» Task details
Please copy every line below that contains the string "Github".

Excerpts from a dataset:
──────

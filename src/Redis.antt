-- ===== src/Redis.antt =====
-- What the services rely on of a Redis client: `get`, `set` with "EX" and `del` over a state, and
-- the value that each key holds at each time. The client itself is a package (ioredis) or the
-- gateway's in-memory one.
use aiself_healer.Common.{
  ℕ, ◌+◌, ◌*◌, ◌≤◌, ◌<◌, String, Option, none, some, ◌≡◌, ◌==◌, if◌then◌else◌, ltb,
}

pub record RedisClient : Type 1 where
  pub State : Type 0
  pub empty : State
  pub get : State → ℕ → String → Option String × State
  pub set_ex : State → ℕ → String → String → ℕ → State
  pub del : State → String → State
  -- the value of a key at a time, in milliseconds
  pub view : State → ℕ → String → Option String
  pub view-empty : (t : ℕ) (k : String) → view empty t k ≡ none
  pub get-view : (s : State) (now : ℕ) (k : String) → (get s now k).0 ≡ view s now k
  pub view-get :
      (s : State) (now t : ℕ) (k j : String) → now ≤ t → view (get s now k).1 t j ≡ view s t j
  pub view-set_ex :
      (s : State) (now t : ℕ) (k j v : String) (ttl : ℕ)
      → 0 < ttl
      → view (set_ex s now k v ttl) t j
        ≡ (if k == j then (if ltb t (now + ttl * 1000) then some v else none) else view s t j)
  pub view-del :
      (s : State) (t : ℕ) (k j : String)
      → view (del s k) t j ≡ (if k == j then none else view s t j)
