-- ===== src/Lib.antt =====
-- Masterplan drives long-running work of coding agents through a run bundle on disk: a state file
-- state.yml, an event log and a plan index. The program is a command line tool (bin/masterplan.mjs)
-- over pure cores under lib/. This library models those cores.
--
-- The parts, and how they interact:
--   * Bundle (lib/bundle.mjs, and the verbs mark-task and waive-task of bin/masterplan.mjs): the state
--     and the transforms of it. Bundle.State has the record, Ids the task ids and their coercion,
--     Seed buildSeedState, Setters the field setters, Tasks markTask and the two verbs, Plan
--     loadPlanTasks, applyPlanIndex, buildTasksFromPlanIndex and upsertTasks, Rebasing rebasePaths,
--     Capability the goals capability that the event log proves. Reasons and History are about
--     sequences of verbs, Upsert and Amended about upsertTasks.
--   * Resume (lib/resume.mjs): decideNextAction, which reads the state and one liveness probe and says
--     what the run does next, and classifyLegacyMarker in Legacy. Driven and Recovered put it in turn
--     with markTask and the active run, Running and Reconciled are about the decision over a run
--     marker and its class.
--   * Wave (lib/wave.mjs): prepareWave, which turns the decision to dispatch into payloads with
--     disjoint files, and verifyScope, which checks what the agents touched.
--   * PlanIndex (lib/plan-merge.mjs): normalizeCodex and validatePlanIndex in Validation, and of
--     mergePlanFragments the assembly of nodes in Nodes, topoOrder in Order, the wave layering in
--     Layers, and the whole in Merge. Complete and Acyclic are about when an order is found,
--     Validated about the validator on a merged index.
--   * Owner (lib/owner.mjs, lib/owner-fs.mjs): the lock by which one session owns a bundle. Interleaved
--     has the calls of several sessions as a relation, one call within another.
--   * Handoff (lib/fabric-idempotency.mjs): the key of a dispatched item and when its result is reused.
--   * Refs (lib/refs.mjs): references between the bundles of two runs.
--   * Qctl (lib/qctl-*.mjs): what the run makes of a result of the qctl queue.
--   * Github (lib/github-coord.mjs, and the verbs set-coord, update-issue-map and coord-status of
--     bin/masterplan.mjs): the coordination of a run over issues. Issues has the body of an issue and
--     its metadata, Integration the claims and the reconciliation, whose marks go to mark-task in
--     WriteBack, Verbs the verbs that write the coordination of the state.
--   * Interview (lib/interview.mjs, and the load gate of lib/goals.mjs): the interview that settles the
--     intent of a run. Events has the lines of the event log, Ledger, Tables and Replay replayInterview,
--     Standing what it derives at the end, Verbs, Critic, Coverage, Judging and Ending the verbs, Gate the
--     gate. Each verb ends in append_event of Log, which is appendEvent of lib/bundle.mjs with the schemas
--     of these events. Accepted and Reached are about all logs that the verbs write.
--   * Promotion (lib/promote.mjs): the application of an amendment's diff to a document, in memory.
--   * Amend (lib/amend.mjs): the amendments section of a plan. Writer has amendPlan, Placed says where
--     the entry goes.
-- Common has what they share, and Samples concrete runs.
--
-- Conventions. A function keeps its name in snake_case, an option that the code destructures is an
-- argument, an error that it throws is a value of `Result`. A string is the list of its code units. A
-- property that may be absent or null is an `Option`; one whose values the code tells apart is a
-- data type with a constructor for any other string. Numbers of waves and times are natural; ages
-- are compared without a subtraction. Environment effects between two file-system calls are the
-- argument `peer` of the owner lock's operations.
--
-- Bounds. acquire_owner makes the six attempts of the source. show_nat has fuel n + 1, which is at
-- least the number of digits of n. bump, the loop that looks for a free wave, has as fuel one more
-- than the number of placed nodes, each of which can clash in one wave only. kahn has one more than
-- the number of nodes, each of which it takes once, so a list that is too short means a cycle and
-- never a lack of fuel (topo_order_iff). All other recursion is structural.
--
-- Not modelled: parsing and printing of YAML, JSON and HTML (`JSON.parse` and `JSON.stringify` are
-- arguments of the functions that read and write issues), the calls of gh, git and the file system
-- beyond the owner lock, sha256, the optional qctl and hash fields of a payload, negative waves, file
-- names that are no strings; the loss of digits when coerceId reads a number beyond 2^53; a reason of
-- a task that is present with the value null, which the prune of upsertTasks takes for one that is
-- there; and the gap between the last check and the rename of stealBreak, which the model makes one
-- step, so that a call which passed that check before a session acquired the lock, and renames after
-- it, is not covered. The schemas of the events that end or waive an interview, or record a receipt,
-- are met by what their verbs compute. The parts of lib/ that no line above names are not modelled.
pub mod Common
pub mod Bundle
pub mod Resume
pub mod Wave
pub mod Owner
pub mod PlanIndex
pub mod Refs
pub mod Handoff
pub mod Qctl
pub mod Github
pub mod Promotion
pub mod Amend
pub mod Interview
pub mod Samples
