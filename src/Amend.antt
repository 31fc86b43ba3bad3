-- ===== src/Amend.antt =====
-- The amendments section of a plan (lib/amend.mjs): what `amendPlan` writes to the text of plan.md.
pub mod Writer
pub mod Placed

──────

» Worked solution
--   * Github (lib/github-coord.mjs, and the verbs set-coord, update-issue-map and coord-status of
pub mod Github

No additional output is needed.